START GIVEN RECORDS

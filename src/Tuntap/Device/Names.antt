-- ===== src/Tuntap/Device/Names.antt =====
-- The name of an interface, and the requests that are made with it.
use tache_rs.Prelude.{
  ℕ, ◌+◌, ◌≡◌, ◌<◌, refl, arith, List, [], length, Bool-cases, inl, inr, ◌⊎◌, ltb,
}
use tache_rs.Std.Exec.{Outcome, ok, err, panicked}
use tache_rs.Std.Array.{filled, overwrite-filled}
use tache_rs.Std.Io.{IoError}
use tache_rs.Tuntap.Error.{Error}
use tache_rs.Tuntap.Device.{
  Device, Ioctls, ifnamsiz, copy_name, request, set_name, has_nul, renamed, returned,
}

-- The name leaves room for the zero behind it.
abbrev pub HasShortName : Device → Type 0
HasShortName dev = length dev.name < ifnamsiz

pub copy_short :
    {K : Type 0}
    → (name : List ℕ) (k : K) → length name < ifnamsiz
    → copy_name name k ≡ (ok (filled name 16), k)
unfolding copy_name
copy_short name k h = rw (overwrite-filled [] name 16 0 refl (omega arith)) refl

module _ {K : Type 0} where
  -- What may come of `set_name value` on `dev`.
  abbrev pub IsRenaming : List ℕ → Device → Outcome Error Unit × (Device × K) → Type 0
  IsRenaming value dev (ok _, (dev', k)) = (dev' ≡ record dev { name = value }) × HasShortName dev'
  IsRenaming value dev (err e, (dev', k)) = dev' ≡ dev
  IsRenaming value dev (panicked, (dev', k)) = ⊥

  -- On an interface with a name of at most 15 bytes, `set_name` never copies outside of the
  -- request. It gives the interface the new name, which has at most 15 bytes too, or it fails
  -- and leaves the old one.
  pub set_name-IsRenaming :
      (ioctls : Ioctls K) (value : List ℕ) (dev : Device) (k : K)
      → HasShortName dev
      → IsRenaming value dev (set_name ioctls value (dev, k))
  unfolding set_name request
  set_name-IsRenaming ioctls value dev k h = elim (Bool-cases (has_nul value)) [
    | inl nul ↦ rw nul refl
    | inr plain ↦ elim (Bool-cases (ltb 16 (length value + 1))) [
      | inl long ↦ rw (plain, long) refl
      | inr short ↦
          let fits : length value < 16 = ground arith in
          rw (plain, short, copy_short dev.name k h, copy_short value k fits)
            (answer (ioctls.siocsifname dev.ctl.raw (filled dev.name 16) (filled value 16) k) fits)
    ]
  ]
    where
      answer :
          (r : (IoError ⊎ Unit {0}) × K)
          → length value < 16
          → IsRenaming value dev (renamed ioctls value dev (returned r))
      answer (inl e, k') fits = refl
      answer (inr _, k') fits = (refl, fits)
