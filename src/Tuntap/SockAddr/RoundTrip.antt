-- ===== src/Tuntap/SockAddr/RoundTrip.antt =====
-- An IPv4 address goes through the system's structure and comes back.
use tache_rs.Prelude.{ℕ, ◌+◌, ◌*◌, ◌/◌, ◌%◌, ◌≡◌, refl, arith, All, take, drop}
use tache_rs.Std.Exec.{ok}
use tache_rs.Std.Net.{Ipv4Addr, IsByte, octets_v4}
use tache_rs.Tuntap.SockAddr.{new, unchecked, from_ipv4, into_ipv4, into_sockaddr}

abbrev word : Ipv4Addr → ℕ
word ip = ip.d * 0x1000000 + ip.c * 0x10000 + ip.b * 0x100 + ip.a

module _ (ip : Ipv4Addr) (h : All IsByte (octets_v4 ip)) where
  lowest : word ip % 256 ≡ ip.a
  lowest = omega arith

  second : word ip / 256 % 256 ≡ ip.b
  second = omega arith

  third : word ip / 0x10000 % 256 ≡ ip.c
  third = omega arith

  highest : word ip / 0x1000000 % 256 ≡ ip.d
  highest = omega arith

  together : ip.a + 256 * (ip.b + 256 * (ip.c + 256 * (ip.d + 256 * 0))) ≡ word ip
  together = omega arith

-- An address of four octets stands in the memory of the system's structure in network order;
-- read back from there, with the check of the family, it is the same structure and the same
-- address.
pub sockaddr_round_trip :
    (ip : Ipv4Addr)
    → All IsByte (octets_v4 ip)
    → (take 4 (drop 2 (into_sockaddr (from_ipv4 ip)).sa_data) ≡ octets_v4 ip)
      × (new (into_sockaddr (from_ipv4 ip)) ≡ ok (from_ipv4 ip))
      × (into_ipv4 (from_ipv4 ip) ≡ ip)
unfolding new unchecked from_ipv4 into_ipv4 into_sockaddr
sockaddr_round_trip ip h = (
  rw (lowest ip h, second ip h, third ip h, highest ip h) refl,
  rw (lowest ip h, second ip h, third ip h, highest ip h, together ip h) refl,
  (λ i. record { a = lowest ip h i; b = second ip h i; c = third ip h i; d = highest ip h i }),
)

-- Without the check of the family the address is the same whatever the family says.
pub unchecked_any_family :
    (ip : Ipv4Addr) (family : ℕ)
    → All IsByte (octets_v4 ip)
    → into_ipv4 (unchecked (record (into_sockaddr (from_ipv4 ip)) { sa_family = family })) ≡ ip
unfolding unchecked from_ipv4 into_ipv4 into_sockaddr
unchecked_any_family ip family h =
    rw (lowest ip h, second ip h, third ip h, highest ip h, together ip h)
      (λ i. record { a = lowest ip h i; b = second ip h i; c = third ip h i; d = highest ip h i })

END GIVEN RECORDS
START GIVEN RECORDS

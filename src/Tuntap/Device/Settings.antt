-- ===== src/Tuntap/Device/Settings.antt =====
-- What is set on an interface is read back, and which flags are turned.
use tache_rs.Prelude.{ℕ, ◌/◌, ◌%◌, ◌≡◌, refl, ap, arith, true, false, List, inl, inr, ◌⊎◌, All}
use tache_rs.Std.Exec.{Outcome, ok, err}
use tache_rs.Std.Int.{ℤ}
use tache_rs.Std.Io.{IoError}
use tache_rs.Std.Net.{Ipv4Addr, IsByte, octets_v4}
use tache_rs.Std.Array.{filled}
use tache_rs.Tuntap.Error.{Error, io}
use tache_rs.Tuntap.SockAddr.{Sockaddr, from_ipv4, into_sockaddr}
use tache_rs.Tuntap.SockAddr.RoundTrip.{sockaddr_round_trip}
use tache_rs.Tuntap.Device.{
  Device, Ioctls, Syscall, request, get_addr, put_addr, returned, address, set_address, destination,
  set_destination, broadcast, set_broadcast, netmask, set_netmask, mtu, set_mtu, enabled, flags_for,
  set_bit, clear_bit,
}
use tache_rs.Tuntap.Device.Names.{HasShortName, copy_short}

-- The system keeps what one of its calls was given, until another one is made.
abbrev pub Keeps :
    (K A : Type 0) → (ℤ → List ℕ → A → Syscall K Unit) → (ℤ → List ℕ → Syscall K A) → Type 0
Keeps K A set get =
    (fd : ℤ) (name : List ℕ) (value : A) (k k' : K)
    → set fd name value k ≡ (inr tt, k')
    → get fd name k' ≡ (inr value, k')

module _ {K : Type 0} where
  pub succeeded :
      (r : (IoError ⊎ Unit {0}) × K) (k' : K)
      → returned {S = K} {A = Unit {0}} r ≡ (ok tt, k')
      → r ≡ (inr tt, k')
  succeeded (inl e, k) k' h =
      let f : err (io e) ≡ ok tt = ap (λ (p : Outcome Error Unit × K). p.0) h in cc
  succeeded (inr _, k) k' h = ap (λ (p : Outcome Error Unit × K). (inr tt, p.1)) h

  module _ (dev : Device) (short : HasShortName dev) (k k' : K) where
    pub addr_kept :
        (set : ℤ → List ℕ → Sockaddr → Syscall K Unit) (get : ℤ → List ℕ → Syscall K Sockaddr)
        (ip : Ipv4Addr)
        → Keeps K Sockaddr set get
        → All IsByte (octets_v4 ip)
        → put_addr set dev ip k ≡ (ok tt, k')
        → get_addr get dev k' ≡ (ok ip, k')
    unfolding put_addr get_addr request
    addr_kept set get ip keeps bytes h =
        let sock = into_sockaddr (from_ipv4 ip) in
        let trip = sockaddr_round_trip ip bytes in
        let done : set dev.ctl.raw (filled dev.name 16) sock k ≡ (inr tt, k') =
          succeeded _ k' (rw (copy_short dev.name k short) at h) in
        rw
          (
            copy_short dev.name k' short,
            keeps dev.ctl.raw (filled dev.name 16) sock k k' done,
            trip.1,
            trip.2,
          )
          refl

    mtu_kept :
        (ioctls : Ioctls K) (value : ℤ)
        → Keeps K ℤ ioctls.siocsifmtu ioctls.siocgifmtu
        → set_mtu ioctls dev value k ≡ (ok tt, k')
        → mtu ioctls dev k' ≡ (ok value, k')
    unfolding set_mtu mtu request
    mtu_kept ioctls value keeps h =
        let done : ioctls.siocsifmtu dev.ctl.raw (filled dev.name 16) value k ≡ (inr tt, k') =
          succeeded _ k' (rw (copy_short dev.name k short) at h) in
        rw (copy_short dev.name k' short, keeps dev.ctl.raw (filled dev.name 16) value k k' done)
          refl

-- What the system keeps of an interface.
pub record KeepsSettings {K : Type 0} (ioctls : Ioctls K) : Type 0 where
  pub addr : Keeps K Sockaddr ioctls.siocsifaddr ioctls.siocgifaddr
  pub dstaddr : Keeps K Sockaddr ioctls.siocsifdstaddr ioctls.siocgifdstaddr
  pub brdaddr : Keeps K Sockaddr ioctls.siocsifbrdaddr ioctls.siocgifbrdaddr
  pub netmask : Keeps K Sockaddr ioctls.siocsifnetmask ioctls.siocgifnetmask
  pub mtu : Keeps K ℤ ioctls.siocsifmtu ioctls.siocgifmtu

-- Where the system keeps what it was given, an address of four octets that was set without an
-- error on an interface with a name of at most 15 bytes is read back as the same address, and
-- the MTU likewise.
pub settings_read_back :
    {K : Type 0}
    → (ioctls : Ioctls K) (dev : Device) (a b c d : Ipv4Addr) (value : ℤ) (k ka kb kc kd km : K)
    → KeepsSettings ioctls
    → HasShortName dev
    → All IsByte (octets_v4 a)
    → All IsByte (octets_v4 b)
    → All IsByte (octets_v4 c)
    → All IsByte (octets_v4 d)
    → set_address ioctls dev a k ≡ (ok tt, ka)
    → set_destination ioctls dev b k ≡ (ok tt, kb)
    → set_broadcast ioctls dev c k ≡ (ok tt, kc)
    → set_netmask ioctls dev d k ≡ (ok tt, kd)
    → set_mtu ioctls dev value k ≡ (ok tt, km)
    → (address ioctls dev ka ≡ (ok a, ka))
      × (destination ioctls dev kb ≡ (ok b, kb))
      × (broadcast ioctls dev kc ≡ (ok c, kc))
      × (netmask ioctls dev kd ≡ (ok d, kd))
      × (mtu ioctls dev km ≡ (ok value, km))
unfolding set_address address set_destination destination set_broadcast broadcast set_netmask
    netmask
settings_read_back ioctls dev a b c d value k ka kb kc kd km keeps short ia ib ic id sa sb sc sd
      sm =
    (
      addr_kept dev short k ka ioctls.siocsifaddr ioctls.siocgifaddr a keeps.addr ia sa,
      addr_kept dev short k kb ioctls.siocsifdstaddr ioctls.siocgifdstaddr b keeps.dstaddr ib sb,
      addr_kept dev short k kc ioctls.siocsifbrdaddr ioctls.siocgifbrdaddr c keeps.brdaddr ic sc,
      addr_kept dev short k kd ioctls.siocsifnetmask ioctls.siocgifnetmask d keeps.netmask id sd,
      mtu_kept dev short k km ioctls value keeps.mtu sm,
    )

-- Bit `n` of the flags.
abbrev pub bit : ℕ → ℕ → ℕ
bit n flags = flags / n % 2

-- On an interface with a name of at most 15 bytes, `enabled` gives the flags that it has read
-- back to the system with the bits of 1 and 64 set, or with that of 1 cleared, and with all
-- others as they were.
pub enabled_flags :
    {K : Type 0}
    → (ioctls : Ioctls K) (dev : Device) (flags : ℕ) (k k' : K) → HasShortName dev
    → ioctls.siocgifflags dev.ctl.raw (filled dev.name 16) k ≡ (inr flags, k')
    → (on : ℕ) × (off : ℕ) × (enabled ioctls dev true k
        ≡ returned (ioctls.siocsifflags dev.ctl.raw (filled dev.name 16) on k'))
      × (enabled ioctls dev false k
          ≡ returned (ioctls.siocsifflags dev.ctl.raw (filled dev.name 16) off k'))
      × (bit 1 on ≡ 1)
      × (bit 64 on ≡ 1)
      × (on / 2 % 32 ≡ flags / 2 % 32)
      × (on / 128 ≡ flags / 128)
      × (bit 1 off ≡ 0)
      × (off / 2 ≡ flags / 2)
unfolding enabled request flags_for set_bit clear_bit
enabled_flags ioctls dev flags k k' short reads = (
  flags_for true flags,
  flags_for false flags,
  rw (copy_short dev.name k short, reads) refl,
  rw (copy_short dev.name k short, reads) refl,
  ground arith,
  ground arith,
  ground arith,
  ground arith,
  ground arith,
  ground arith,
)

END GIVEN RECORDS
START GIVEN RECORDS

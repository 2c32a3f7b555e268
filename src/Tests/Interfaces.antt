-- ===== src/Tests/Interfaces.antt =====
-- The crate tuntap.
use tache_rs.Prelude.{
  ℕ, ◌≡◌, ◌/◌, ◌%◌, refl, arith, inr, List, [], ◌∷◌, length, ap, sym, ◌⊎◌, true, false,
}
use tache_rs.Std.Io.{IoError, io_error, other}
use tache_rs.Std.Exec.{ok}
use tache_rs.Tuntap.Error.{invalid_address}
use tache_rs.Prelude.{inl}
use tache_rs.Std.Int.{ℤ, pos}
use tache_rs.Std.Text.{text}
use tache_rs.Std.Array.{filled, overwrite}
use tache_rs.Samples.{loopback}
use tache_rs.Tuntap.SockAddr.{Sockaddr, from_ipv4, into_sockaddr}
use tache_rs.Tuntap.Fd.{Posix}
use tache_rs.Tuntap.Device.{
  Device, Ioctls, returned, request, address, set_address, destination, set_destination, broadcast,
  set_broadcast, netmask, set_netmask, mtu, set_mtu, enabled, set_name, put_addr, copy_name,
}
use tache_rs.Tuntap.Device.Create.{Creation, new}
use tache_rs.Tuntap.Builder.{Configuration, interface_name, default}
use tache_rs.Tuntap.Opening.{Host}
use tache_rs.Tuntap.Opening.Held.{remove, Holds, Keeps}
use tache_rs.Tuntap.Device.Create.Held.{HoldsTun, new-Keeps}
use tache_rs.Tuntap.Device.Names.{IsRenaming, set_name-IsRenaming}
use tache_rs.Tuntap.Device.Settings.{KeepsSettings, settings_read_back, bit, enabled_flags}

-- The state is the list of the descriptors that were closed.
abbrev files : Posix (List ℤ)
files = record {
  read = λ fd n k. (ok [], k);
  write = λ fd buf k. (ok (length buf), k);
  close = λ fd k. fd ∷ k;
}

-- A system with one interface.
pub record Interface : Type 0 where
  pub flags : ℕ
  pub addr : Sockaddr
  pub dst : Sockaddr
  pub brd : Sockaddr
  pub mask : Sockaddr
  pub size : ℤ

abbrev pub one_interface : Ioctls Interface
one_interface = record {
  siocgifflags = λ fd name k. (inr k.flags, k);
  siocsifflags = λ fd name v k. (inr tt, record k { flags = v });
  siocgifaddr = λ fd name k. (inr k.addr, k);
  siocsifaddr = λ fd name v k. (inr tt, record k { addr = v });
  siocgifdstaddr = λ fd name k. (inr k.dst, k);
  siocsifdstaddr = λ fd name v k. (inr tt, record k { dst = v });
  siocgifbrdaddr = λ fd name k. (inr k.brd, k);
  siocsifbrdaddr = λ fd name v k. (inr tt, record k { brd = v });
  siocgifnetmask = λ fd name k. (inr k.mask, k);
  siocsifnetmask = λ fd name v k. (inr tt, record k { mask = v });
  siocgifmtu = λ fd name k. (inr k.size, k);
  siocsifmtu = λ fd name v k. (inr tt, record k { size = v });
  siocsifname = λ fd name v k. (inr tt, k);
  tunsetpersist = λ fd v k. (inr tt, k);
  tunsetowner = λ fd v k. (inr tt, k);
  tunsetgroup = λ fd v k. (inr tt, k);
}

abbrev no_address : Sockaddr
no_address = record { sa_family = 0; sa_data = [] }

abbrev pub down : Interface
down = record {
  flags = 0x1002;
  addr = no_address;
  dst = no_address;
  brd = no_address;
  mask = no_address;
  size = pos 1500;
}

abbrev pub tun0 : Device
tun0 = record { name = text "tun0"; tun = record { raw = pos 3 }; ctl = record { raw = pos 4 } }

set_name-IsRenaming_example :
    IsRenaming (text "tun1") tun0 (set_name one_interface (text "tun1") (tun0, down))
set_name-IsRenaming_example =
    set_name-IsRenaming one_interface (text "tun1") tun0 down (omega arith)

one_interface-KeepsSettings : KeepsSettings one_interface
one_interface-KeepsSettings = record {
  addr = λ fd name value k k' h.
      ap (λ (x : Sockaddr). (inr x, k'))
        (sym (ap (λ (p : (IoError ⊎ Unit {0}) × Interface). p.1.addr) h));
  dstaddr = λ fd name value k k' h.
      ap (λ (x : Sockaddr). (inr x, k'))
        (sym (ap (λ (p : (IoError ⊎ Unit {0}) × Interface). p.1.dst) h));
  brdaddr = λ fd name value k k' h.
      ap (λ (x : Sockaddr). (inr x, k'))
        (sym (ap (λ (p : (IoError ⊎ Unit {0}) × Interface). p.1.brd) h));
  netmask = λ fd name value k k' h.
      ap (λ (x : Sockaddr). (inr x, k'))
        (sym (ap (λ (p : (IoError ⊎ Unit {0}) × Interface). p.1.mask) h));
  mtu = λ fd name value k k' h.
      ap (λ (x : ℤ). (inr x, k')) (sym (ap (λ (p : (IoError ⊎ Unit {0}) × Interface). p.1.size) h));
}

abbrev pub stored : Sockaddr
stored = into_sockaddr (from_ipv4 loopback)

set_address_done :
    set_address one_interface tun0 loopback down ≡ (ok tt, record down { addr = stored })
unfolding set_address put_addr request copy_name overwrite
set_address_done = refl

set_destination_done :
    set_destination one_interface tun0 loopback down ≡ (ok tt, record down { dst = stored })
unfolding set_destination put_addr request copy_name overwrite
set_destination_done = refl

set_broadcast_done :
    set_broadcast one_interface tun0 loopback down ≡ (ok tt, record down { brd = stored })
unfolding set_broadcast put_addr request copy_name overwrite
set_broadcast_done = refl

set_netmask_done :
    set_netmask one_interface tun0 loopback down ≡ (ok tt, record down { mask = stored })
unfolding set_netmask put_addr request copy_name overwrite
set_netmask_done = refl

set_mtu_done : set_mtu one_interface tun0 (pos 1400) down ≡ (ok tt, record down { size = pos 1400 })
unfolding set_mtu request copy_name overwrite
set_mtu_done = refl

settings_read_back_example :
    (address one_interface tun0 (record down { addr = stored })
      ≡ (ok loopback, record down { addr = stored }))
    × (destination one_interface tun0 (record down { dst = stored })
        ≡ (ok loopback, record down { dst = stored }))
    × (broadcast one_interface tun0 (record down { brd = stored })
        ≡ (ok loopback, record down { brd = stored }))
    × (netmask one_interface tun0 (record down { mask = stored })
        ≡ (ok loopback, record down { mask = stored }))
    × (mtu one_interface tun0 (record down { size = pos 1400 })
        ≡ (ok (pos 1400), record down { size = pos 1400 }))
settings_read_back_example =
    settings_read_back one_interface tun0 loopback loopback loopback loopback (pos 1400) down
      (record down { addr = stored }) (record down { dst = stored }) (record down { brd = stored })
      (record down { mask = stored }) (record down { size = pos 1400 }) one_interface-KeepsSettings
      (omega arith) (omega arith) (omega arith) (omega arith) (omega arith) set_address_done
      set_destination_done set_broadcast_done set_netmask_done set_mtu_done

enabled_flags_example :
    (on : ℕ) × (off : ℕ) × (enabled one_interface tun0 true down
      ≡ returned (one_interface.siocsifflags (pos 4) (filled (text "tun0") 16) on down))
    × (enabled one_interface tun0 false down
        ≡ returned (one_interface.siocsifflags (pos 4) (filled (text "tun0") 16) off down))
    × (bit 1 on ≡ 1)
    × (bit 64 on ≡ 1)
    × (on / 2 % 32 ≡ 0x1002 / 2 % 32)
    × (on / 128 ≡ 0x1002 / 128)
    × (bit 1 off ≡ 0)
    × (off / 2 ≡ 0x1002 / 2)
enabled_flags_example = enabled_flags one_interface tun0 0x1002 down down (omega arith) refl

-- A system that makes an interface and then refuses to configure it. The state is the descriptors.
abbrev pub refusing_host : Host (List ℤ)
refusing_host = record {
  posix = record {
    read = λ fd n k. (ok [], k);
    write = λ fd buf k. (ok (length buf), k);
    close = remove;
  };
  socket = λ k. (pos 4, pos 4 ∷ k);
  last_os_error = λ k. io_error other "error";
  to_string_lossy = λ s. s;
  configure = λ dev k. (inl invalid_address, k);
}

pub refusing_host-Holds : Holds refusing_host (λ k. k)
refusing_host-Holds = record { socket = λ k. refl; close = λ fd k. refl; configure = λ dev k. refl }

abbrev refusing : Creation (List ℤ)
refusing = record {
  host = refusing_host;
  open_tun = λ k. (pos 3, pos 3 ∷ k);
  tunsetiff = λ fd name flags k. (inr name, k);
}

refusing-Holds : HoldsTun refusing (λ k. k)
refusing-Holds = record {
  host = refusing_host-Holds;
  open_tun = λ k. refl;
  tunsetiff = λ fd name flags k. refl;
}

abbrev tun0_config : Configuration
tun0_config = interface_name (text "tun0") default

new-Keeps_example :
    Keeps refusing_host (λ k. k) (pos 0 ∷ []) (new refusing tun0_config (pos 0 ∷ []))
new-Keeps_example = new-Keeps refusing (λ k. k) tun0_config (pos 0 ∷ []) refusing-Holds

END GIVEN RECORDS

• [TRY IT]: Copy range, inclusive: the line holding "Keeps K A set" to the line holding "value k ≡ (ok tt, k')". Reproduce exactly those lines of the records above and no others.

• [THE ANSWER]:
Keeps K A set get =
    (fd : ℤ) (name : List ℕ) (value : A) (k k' : K)
    → set fd name value k ≡ (inr tt, k')
    → get fd name k' ≡ (inr value, k')

module _ {K : Type 0} where
  pub succeeded :
      (r : (IoError ⊎ Unit {0}) × K) (k' : K)
      → returned {S = K} {A = Unit {0}} r ≡ (ok tt, k')
      → r ≡ (inr tt, k')
  succeeded (inl e, k) k' h =
      let f : err (io e) ≡ ok tt = ap (λ (p : Outcome Error Unit × K). p.0) h in cc
  succeeded (inr _, k) k' h = ap (λ (p : Outcome Error Unit × K). (inr tt, p.1)) h

  module _ (dev : Device) (short : HasShortName dev) (k k' : K) where
    pub addr_kept :
        (set : ℤ → List ℕ → Sockaddr → Syscall K Unit) (get : ℤ → List ℕ → Syscall K Sockaddr)
        (ip : Ipv4Addr)
        → Keeps K Sockaddr set get
        → All IsByte (octets_v4 ip)
        → put_addr set dev ip k ≡ (ok tt, k')
        → get_addr get dev k' ≡ (ok ip, k')
    unfolding put_addr get_addr request
    addr_kept set get ip keeps bytes h =
        let sock = into_sockaddr (from_ipv4 ip) in
        let trip = sockaddr_round_trip ip bytes in
        let done : set dev.ctl.raw (filled dev.name 16) sock k ≡ (inr tt, k') =
          succeeded _ k' (rw (copy_short dev.name k short) at h) in
        rw
          (
            copy_short dev.name k' short,
            keeps dev.ctl.raw (filled dev.name 16) sock k k' done,
            trip.1,
            trip.2,
          )
          refl

    mtu_kept :
        (ioctls : Ioctls K) (value : ℤ)
        → Keeps K ℤ ioctls.siocsifmtu ioctls.siocgifmtu
        → set_mtu ioctls dev value k ≡ (ok tt, k')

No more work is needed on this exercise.